Regression is a parametric approach. ‘Parametric’ means it makes some restrictive assumptions about data for the purpose of analysis.

Once these assumptions get violated, regression makes biased, erratic predictions (in those cases, a non-linear model is the only solution) .

Therefore, to be sure to build an accurate regression model, it’s essential to validate these assumptions.

Linear Model’s Assumptions

The five standard assumptions for regression analysis are:

• Linear relationship assumption
  This assumption implies that there should be a linear and additive relationship between the response variables and the predictor(s).
  

A linear relationship means that change in response y due to one unit change in X is constant

An additive relationship suggests that the effect of X on y is independent of other variables

When this assumption is validated, we are sure that our estimator and predictions are unbiased. justify;”}

• Absence of Multicollinearity, i.e. the independent variables should be not correlated.
  

• Absence of Autocorrelation, i.e. residuals should be not correlated.
  

If this assumption is not satisfied, our estimator will suffer from high variance.

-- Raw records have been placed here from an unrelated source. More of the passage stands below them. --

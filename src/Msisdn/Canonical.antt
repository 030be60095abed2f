-- ===== src/Msisdn/Canonical.antt =====
-- What the accepted numbers look like.
use sms.Prelude.{
  ℕ, ◌≤◌, ◌<◌, ◌≡◌, refl, true, false, none, some, [], ◌∷◌, All, arith, not, ◌*◌, length,
  Bool-cases, Option-cases, inl, inr,
}
use sms.Prelude.Text.{
  Text, rune_len, byte_len, ascii_digit, is_digit, is_digit_ascii, is_digit_of_ascii,
}
use sms.Msisdn.{
  digits_only, head_is, sender_of_digits, normalize_sender, all_ascii_digits, is_sender, Dest,
  foreign_dest, normalize_dest,
}

abbrev pub Ascii : Text → Type 0
Ascii s = All (λ r. r < 0x80) s

pub digits_only-Ascii : (s : Text) → Ascii s → all_ascii_digits (digits_only s) ≡ true
unfolding digits_only all_ascii_digits
digits_only-Ascii [] h = refl
digits_only-Ascii (r ∷ s) h = ground (arith, is_digit_ascii r h.0, digits_only-Ascii s h.1)

-- Digits stay.
pub digits_only_id : (s : Text) → all_ascii_digits s ≡ true → digits_only s ≡ s
unfolding digits_only all_ascii_digits
digits_only_id [] h = refl
digits_only_id (r ∷ s) h = ground (arith, is_digit_of_ascii r, digits_only_id s)

-- The first byte is put on or replaced; the rest is the digits.
sender_of_digits-is_sender :
    (d : Text) {n : Text}
    → all_ascii_digits d ≡ true
    → sender_of_digits d ≡ some n
    → is_sender n ≡ true
unfolding sender_of_digits is_sender all_ascii_digits
sender_of_digits-is_sender [] h e = ground arith
sender_of_digits-is_sender (r ∷ d) h e = ground arith

-- From ASCII input an accepted sender is canonical: eleven digits, the first of them 7.
pub normalize_sender-is_sender :
    (raw : Text) {n : Text} → Ascii raw → normalize_sender raw ≡ some n → is_sender n ≡ true
unfolding normalize_sender
normalize_sender-is_sender raw h e =
    sender_of_digits-is_sender (digits_only raw) (digits_only-Ascii raw h) e

-- A canonical sender is normalized to itself.
pub normalize_sender_fixed : (n : Text) → is_sender n ≡ true → normalize_sender n ≡ some n
unfolding normalize_sender
normalize_sender_fixed n e =
    rw (digits_only_id n (canonical_parts n e).2)
      (unfold sender_of_digits in ground (arith, canonical_parts n e))
  where
    canonical_parts :
        (m : Text)
        → is_sender m ≡ true
        → (byte_len m ≡ 11) × (head_is b'7' m ≡ true) × (all_ascii_digits m ≡ true)
    canonical_parts m x = unfold is_sender in ground arith

foreign_dest-lem :
    (d : Text) (x : Dest)
    → sender_of_digits d ≡ none
    → foreign_dest d ≡ some x
    → (x.msisdn ≡ d)
      × (8 ≤ byte_len d)
      × (byte_len d ≤ 15)
      × (head_is b'0' d ≡ false)
      × (is_sender d ≡ not x.international)
unfolding foreign_dest
foreign_dest-lem d x n e = ground arith

-- From ASCII input an accepted destination is a canonical sender if and only if it is domestic; an
-- international one is the digits of the input, 8 to 15 of them, the first of them not 0.
pub normalize_dest-lem :
    (raw : Text) {x : Dest}
    → Ascii raw
    → normalize_dest raw ≡ some x
    → (is_sender x.msisdn ≡ not x.international)
      × (x.international ≡ true
          → (x.msisdn ≡ digits_only raw)
            × (8 ≤ byte_len x.msisdn)
            × (byte_len x.msisdn ≤ 15)
            × (head_is b'0' x.msisdn ≡ false))
unfolding normalize_dest normalize_sender
normalize_dest-lem raw {x} h e = elim (Option-cases (normalize_sender raw)) [
  | inr (n, found) ↦ ground (arith, normalize_sender-is_sender raw h found)
  | inl missing ↦ ground (arith, foreign_dest-lem (digits_only raw) x missing)
]

rune_len_two : (r : ℕ) → 0x80 ≤ r → r < 0x800 → rune_len r ≡ 2
rune_len_two r h k = ground arith

ascii_digit_small : (r : ℕ) → 0x80 ≤ r → ascii_digit r ≡ true → ⊥
ascii_digit_small r h e = ground arith

digits_only-All : (s : Text) → All (λ r. is_digit r ≡ true) s → digits_only s ≡ s
unfolding digits_only
digits_only-All [] h = refl
digits_only-All (r ∷ s) h = rw (h.0, digits_only-All s h.1)

-- A decimal digit of two bytes.
abbrev pub TwoByteDigit : ℕ → Type 0
TwoByteDigit r = (0x80 ≤ r) × (r < 0x800) × (is_digit r ≡ true)

two_byte_len : (ds : Text) → All TwoByteDigit ds → byte_len ds ≡ 2 * length ds
two_byte_len [] h = refl
two_byte_len (r ∷ ds) h = omega (arith, rune_len_two r h.0.0 h.0.1, two_byte_len ds h.1)

two_byte_digits : (ds : Text) → All TwoByteDigit ds → All (λ r. is_digit r ≡ true) ds
two_byte_digits [] h = tt
two_byte_digits (r ∷ ds) h = (h.0.2, two_byte_digits ds h.1)

-- Eleven bytes of which the first is 7 are taken as they stand.
eleven_bytes : (ds : Text) → byte_len ds ≡ 10 → sender_of_digits (b'7' ∷ ds) ≡ some (b'7' ∷ ds)
unfolding sender_of_digits
eleven_bytes ds e = rw e refl

not_ascii : (r : ℕ) (ds : Text) → 0x80 ≤ r → is_sender (b'7' ∷ r ∷ ds) ≡ false
unfolding is_sender all_ascii_digits
not_ascii r ds h = elim (Bool-cases (ascii_digit r)) [
  | inl digit ↦ absurd (ascii_digit_small r h digit)
  | inr other ↦ rw other (ground arith)
]

five_not_ascii : (ds : Text) → length ds ≡ 5 → All TwoByteDigit ds → is_sender (b'7' ∷ ds) ≡ false
five_not_ascii [] n h = absurd (omega (arith, n))
five_not_ascii (r ∷ ds) n h = not_ascii r ds h.0.0

-- Eleven bytes need not be eleven digits: a 7 and any five decimal digits of two bytes each, such as
-- Arabic ones, pass as a sender that is returned as it stands and is no sender.
pub normalize_sender_two_byte_digits :
    (ds : Text)
    → length ds ≡ 5
    → All TwoByteDigit ds
    → (normalize_sender (b'7' ∷ ds) ≡ some (b'7' ∷ ds)) × (is_sender (b'7' ∷ ds) ≡ false)
unfolding normalize_sender
normalize_sender_two_byte_digits ds n h =
    rw (digits_only-All (b'7' ∷ ds) (is_digit_of_ascii b'7' refl, two_byte_digits ds h))
      (eleven_bytes ds (omega (arith, two_byte_len ds h, n)), five_not_ascii ds n h)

• Homoskedasticity, i.e. residuals must have constant variance.
  

When this assumption is not validated, we talk about heteroskedasticity.

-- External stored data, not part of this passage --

-- ===== src/Msisdn/Tests.antt =====
-- Numbers of the tests beside the code, and instances of the theorems.
use sms.Prelude.{◌≡◌, refl, Bool, true, false, some, [], ◌∷◌, ◌≤◌, arith, All}
use sms.Prelude.Text.{Text, codes, byte_len, is_digit}
use sms.Msisdn.{
  digits_only, sender_of_digits, normalize_sender, is_sender, foreign_dest, normalize_dest, head_is,
}
use sms.Msisdn.Canonical.{
  normalize_sender-is_sender, normalize_sender_fixed, normalize_dest-lem, TwoByteDigit,
  normalize_sender_two_byte_digits,
}

national : normalize_sender (codes "8 (999) 111-22-33") ≡ some (codes "79991112233")
unfolding normalize_sender sender_of_digits digits_only is_digit
national = refl

normalize_sender-is_sender_example : is_sender (codes "79991112233") ≡ true
normalize_sender-is_sender_example =
    normalize_sender-is_sender (codes "8 (999) 111-22-33") (omega arith) national

normalize_sender_fixed_example : normalize_sender (codes "79991112233") ≡ some (codes "79991112233")
unfolding is_sender
normalize_sender_fixed_example = normalize_sender_fixed (codes "79991112233") refl

abroad :
    normalize_dest (codes "+49 151 1234567")
    ≡ some (record { msisdn = codes "491511234567"; international = true })
unfolding normalize_dest foreign_dest normalize_sender sender_of_digits digits_only is_digit
    is_sender
abroad = refl

normalize_dest-lem_example :
    (is_sender (codes "491511234567") ≡ false)
    × (◌≡◌ {A = Bool} true true
        → (codes "491511234567" ≡ digits_only (codes "+49 151 1234567"))
          × (8 ≤ byte_len (codes "491511234567"))
          × (byte_len (codes "491511234567") ≤ 15)
          × (head_is b'0' (codes "491511234567") ≡ false))
normalize_dest-lem_example = normalize_dest-lem (codes "+49 151 1234567") (omega arith) abroad

-- The digits one to five of Arabic script.
abbrev arabic : Text
arabic = 0x661 ∷ 0x662 ∷ 0x663 ∷ 0x664 ∷ 0x665 ∷ []

arabic-All : All TwoByteDigit arabic
unfolding is_digit
arabic-All = (
  (omega arith, omega arith, refl),
  (
    (omega arith, omega arith, refl),
    (
      (omega arith, omega arith, refl),
      ((omega arith, omega arith, refl), ((omega arith, omega arith, refl), tt)),
    ),
  ),
)

normalize_sender_two_byte_digits_example :
    (normalize_sender (b'7' ∷ arabic) ≡ some (b'7' ∷ arabic)) × (is_sender (b'7' ∷ arabic) ≡ false)
normalize_sender_two_byte_digits_example = normalize_sender_two_byte_digits arabic refl arabic-All
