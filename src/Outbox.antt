-- ===== src/Outbox.antt =====
-- internal/outbox/worker.go, internal/messaging/match.go: the worker that sends what is queued.
pub mod Match
pub mod World
pub mod Parking
pub mod Accepting
pub mod Complaint
pub mod Worker
pub mod Tick
pub mod Untouched
pub mod Effects
pub mod Endings
pub mod Handling
pub mod Lifecycle
pub mod Claiming
pub mod Reconciling
pub mod Refinement
pub mod Silence
pub mod Posting
pub mod Caution
pub mod Matching
mod Tests
pub mod Closed
pub mod Keeping
pub mod Solvency
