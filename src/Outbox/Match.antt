-- ===== src/Outbox/Match.antt =====
-- internal/messaging/match.go: which row of the provider's statistic is a message.
use sms.Prelude.{
  Bool, true, false, ◌&&◌, ◌||◌, not, Option, none, some, List, [], ◌∷◌, any, if◌then◌else◌,
}
use sms.Prelude.Text.{Text, text_eq, trim_space}
use sms.Prelude.{ℕ}
use sms.Msisdn.{canonical}

-- runexis.StatisticRow without its date.
pub record StatisticRow : Type 0 where
  pub sms_id : Text
  pub sender_number : Text
  pub receiver_number : Text
  pub message : Text
  pub incoming : Bool
  pub pdu : ℕ
  pub sent : Bool
  pub delivered : Bool

abbrev pub is_blank : Text → Bool
is_blank [] = true
is_blank (r ∷ s) = false

-- A Go map used as a set.
unfoldable pub is_used : List Text → Text → Bool
is_used used id = any (λ u. text_eq u id) used

-- The row is not passed over: its direction, its numbers, an id that is not used.
unfoldable pub is_candidate : Text → Text → List Text → StatisticRow → Bool
is_candidate want_from want_to used row =
    not row.incoming
    && text_eq (canonical row.sender_number) want_from
    && text_eq (canonical row.receiver_number) want_to
    && (is_blank row.sms_id || not (is_used used row.sms_id))

unfoldable pub exact_rows : Text → Text → Text → List Text → List StatisticRow → List StatisticRow
exact_rows want_from want_to want_text used [] = []
exact_rows want_from want_to want_text used (row ∷ rows) =
    let rest = exact_rows want_from want_to want_text used rows in
    let msg = trim_space row.message in
    if is_candidate want_from want_to used row && not (is_blank msg) && text_eq msg want_text
    then row ∷ rest
    else rest

unfoldable pub empty_rows : Text → Text → List Text → List StatisticRow → List StatisticRow
empty_rows want_from want_to used [] = []
empty_rows want_from want_to used (row ∷ rows) =
    let rest = empty_rows want_from want_to used rows in
    if is_candidate want_from want_to used row && is_blank (trim_space row.message)
    then row ∷ rest
    else rest

-- The first exact row, or a single row with no text and an id.
unfoldable pub choose_row : List StatisticRow → List StatisticRow → Option StatisticRow
choose_row (row ∷ rows) blank = some row
choose_row [] (row ∷ []) = if is_blank row.sms_id then none else some row
choose_row [] _ = none

-- `none` is the second result false.
unfoldable pub match_statistic :
    Text → Text → Text → List StatisticRow → List Text → Option StatisticRow
match_statistic from to text rows used =
    let want_from = canonical from in
    let want_to = canonical to in
    choose_row (exact_rows want_from want_to (trim_space text) used rows)
      (empty_rows want_from want_to used rows)
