-- ===== src/Outbox/World.antt =====
-- internal/outbox/worker.go: what the worker learns from outside, and how it reads it. The
-- provider's answers, the rate limiter's and the settings' come with each job as an `Outside`.
use sms.Prelude.{
  ℕ, ◌*◌, Bool, true, false, ◌&&◌, ◌||◌, not, Option, none, some, List, [], take, leb, ltb, ◌==◌,
  if◌then◌else◌,
}
use sms.Prelude.Text.{Text, codes, text_eq}
use sms.Store.Types.{
  SendAttemptKind, kind_accepted, rejected_4xx, rate_limited, kind_timeout, kind_5xx, SendJob, Db,
}
use sms.Store.Outbox.{need_stat}
use sms.Outbox.Match.{StatisticRow}

abbrev pub need_retry : Text
need_retry = codes "uncertain:need_retry"

abbrev pub max_uncertain_sends : ℕ
max_uncertain_sends = 2

-- Delays are milliseconds.
abbrev pub stale_processing : ℕ
stale_processing = 120_000

abbrev pub uncertain_pause : ℕ
uncertain_pause = 15_000

abbrev pub retry_after_stat : ℕ
retry_after_stat = 5_000

abbrev pub half_minute : ℕ
half_minute = 30_000

abbrev pub five_seconds : ℕ
five_seconds = 5_000

abbrev pub claim_batch : ℕ
claim_batch = 8

-- What the worker reads of an error of runexis: errors.Is(err, ErrNotConfigured), HTTPStatus,
-- IsTimeout, Error().
pub record SendError : Type 0 where
  pub not_configured : Bool
  pub http_status : ℕ
  pub is_timeout : Bool
  pub message : Text

pub data SendOutcome : Type 0 where
  sent_as : (provider_sms_id : Text) → SendOutcome
  send_failed : SendError → SendOutcome

-- What the limiter says: go on, wait so long, or an error.
pub data Rate : Type 0 where
  allowed : Rate
  limited : (retry : ℕ) → Rate
  limiter_error : Rate

pub data StatisticPage : Type 0 where
  page : List StatisticRow → StatisticPage
  statistic_not_configured statistic_error : StatisticPage

pub record Outside : Type 0 where
  pub settings_available : Bool
  pub has_limiter : Bool
  pub client_rate : Rate
  pub provider_rate : Rate
  pub has_adapter : Bool
  pub answer : SendOutcome
  pub answer_body : Option Text  -- the redacted body, or the error's text
  pub statistic : StatisticPage

-- The database, and the worker's own state: the provider ids that this tick has matched, and when it
-- last reconciled.
pub record World : Type 0 where
  pub db : Db
  pub stat_used : List Text
  pub last_rec : Option ℕ

unfoldable pub classify_error : SendError → SendAttemptKind
classify_error e =
    if e.http_status == 429
    then rate_limited
    else if leb 400 e.http_status && ltb e.http_status 500
    then rejected_4xx
    else if leb 500 e.http_status
    then kind_5xx
    else if e.is_timeout
    then kind_timeout
    else if e.http_status == 0
    then kind_timeout
    else kind_5xx

-- The kind and the HTTP status.
unfoldable pub classify : SendOutcome → SendAttemptKind × ℕ
classify (sent_as pid) = (kind_accepted, 200)
classify (send_failed e) = (classify_error e, e.http_status)

unfoldable pub backoff_429 : ℕ → ℕ
backoff_429 attempt =
    let d = (if ltb attempt 1 then 1 else attempt) * 2_000 in if ltb 60_000 d then 60_000 else d

abbrev pub deref : Option Text → Text
deref none = []
deref (some s) = s

unfoldable pub need_statistic : SendJob → Bool
need_statistic job =
    text_eq (deref job.last_error) need_stat || text_eq (deref job.last_error) need_retry

abbrev is_5xx : Option SendAttemptKind → Bool
is_5xx (some kind_5xx) = true
is_5xx _ = false

-- `none` is the empty kind: no attempt, or an error.
unfoldable pub allow_uncertain_retry : ℕ → Option SendAttemptKind → Bool
allow_uncertain_retry attempt kind = ltb attempt max_uncertain_sends && not (is_5xx kind)

abbrev body_truncate_runes : ℕ
body_truncate_runes = 2048

unfoldable pub truncate_runes : Text → Text
truncate_runes s = take body_truncate_runes s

Generally, non-constant variance arises in presence of outliers or extreme leverage values. These values get too much weight, hence disproportionately influences the model’s performance. When this phenomenon occurs, the confidence interval for out of sample prediction tends to be unrealistically wide or narrow.

• Normality of Residuals. The error terms should have a normal distribution, with mean 0.
  

How would you check (validate) if a data set follows all regression assumptions?

The most intuitive tools to check it are the Residuals Plots (explained below) along with some statistical test.

Visually check for assumptions validation.

• Linearity
  To check the linearity assumption is enough to plot the predictors versus response variable.
  

• Absence of Multicollinearity.
  To check if there is multicollinearity, we can compute correlation cofficients. Predictors that are multicollinear have high correlation coefficient (0.80 or higher).
  Another way is to perform a Principal Component Analysis and analyze the variable’s plot looking for variables which are correlated each other.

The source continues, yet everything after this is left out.